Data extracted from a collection
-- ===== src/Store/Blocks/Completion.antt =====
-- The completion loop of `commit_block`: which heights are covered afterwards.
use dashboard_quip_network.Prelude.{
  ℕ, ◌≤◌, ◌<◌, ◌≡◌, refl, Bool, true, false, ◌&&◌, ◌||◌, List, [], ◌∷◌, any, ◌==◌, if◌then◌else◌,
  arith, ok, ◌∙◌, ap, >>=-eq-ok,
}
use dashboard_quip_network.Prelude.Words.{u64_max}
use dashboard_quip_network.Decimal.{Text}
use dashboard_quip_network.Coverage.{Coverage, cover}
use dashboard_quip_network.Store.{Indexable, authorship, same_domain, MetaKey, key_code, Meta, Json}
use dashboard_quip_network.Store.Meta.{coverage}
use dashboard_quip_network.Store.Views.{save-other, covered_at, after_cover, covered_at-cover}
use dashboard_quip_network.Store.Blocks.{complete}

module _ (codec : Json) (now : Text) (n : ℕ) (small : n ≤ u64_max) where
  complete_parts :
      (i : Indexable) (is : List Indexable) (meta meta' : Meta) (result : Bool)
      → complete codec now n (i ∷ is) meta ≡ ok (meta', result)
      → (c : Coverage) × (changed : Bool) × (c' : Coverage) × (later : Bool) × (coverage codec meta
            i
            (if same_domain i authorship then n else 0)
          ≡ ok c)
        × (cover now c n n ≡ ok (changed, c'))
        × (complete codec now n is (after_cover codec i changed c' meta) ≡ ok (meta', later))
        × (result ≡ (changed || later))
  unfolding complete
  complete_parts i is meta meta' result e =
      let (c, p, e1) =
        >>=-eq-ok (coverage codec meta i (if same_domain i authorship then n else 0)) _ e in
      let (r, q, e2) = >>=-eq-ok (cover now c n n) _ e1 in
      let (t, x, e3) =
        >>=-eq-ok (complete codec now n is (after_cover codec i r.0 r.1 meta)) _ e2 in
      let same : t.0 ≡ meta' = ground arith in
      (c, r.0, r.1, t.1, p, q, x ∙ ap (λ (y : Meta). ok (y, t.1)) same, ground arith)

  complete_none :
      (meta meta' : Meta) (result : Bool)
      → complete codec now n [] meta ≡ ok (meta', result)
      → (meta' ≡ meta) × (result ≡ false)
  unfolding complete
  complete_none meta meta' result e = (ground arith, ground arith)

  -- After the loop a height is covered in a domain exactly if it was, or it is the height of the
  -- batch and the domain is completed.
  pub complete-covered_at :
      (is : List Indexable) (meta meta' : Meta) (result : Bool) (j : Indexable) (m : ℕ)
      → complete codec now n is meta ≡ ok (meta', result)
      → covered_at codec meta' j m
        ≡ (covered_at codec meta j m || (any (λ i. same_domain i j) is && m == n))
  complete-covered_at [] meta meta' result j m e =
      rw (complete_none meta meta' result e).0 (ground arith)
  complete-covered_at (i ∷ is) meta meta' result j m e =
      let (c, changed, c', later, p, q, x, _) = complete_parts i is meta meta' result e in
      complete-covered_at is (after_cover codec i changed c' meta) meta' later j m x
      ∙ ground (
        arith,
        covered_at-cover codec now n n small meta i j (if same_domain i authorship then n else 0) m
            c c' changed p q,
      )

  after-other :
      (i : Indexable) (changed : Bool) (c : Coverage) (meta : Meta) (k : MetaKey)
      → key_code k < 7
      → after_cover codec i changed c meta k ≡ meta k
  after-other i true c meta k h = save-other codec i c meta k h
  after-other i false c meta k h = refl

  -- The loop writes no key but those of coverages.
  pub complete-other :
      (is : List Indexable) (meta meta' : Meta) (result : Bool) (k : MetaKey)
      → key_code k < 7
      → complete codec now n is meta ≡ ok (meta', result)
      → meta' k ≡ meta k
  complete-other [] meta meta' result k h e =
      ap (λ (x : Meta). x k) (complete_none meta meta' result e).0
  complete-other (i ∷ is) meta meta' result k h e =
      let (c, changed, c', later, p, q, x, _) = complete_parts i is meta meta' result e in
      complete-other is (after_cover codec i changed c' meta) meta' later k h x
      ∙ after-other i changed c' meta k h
* * *
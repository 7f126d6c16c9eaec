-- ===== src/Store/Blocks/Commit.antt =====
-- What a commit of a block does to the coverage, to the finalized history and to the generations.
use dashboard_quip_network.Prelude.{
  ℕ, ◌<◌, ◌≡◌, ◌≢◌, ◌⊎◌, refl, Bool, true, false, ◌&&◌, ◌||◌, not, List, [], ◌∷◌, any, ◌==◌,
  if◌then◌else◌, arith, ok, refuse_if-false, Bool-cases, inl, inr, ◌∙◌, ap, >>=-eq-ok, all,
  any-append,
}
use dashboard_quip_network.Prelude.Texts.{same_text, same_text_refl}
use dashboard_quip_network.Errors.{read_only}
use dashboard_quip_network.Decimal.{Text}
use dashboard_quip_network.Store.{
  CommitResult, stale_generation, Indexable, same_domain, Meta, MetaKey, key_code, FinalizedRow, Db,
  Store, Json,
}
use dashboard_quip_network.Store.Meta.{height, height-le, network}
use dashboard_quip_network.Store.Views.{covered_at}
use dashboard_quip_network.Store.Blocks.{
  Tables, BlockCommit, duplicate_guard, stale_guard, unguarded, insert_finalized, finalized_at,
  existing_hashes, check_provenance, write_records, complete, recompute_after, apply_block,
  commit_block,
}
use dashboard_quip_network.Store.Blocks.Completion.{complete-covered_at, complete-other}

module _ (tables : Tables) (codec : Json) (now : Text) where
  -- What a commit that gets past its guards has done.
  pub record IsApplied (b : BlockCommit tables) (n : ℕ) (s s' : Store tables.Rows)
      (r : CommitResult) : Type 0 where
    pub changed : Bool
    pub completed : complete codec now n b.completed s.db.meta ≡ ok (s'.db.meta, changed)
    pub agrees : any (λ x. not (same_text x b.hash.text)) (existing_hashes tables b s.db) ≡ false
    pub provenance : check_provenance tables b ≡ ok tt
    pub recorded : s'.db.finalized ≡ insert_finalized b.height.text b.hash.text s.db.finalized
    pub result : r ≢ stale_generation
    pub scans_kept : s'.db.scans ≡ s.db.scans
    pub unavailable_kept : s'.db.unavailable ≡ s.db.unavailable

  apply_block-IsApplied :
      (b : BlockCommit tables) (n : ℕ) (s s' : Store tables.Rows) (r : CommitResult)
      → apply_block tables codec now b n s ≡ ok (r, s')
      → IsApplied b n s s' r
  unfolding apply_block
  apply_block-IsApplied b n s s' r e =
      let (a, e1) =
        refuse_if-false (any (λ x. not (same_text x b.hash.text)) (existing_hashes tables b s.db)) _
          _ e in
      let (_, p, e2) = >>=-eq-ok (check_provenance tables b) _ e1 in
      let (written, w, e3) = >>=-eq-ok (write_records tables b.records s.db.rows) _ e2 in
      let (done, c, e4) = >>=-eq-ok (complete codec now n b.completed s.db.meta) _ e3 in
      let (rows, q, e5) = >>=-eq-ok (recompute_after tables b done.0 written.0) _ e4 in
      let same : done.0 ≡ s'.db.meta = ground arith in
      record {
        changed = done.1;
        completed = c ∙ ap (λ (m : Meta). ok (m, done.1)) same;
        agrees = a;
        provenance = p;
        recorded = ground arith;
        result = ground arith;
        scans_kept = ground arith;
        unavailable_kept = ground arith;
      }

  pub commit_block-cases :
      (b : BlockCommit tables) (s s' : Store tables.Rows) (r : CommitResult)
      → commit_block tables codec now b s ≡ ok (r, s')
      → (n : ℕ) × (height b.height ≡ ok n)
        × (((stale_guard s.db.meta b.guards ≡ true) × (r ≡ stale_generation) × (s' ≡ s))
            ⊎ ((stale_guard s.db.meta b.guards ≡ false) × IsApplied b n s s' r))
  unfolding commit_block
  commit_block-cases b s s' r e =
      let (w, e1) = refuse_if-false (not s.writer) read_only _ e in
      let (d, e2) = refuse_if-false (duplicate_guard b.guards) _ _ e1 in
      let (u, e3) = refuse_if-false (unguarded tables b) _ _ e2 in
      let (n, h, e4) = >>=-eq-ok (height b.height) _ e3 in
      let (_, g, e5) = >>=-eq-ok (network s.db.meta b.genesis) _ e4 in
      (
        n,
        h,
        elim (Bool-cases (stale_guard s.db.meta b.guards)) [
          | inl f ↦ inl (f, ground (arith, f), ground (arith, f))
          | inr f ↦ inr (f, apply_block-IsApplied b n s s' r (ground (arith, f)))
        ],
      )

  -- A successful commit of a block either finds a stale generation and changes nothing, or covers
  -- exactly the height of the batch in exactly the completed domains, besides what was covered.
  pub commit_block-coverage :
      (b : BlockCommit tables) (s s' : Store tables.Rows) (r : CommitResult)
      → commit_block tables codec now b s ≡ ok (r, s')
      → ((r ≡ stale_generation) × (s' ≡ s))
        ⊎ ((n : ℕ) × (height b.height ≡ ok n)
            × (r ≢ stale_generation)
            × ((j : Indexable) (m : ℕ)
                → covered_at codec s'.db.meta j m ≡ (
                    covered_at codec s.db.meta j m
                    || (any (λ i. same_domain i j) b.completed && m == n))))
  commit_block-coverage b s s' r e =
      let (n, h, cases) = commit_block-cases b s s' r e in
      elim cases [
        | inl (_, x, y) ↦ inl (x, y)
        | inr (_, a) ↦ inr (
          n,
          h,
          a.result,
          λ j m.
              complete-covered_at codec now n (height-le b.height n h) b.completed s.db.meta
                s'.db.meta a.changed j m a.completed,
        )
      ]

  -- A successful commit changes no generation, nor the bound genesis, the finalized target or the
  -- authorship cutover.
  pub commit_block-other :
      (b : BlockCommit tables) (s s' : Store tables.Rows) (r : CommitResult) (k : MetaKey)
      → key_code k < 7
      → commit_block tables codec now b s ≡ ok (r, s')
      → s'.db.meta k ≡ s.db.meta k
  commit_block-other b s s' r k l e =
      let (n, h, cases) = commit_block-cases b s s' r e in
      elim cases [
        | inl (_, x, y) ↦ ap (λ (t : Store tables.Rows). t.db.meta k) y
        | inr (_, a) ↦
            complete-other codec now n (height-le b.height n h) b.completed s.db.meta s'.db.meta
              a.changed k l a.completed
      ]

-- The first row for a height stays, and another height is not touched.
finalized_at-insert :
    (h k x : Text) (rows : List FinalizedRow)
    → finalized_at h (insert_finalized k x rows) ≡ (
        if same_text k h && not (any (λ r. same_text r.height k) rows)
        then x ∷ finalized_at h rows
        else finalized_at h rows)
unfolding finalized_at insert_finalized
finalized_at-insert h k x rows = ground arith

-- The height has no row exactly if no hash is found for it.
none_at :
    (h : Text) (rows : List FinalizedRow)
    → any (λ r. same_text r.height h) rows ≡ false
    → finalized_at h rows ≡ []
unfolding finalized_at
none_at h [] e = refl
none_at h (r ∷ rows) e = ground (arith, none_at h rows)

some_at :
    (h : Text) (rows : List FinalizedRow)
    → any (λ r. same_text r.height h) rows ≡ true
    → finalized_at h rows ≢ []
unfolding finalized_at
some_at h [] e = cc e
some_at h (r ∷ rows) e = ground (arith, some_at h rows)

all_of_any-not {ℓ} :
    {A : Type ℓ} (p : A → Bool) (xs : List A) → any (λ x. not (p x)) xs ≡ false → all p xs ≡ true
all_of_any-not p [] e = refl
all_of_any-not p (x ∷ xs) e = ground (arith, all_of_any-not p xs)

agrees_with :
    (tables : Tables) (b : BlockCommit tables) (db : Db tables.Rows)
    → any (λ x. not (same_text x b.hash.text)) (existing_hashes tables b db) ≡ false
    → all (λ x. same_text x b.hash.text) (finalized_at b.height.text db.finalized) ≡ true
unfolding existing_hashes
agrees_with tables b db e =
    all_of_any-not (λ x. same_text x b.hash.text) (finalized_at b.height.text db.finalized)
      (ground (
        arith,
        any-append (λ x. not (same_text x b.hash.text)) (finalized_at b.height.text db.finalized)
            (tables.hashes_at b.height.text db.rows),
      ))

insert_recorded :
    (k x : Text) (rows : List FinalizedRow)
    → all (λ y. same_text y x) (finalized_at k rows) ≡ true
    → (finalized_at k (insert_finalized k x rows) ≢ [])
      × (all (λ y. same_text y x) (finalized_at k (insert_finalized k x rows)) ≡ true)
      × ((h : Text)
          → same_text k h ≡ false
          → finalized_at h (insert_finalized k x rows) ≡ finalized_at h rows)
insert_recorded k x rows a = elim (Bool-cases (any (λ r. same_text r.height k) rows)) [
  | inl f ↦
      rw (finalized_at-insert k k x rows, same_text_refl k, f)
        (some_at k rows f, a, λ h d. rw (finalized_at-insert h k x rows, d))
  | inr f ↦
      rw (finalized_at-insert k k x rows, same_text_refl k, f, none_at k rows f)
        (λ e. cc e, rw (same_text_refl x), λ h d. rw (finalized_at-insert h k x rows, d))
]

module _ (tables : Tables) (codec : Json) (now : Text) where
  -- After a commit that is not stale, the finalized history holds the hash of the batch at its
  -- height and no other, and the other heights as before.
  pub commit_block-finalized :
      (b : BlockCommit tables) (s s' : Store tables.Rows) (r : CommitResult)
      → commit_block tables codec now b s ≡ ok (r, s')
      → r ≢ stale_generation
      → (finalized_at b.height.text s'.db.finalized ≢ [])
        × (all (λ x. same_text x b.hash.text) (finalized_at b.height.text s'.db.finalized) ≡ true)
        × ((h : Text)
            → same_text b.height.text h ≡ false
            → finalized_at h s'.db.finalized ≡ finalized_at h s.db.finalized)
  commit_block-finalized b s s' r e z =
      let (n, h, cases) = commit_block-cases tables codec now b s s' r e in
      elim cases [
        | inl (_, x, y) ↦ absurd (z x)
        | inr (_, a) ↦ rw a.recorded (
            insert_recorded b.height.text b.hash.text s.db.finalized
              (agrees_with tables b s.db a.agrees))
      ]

Problem:
Output the lines above between the one holding "commit_block-coverage b s" and the one holding "complete-covered_at codec now", inclusive, with nothing before or after them.

Output:
  commit_block-coverage b s s' r e =
      let (n, h, cases) = commit_block-cases b s s' r e in
      elim cases [
        | inl (_, x, y) ↦ inl (x, y)
        | inr (_, a) ↦ inr (
          n,
          h,
          a.result,
          λ j m.
              complete-covered_at codec now n (height-le b.height n h) b.completed s.db.meta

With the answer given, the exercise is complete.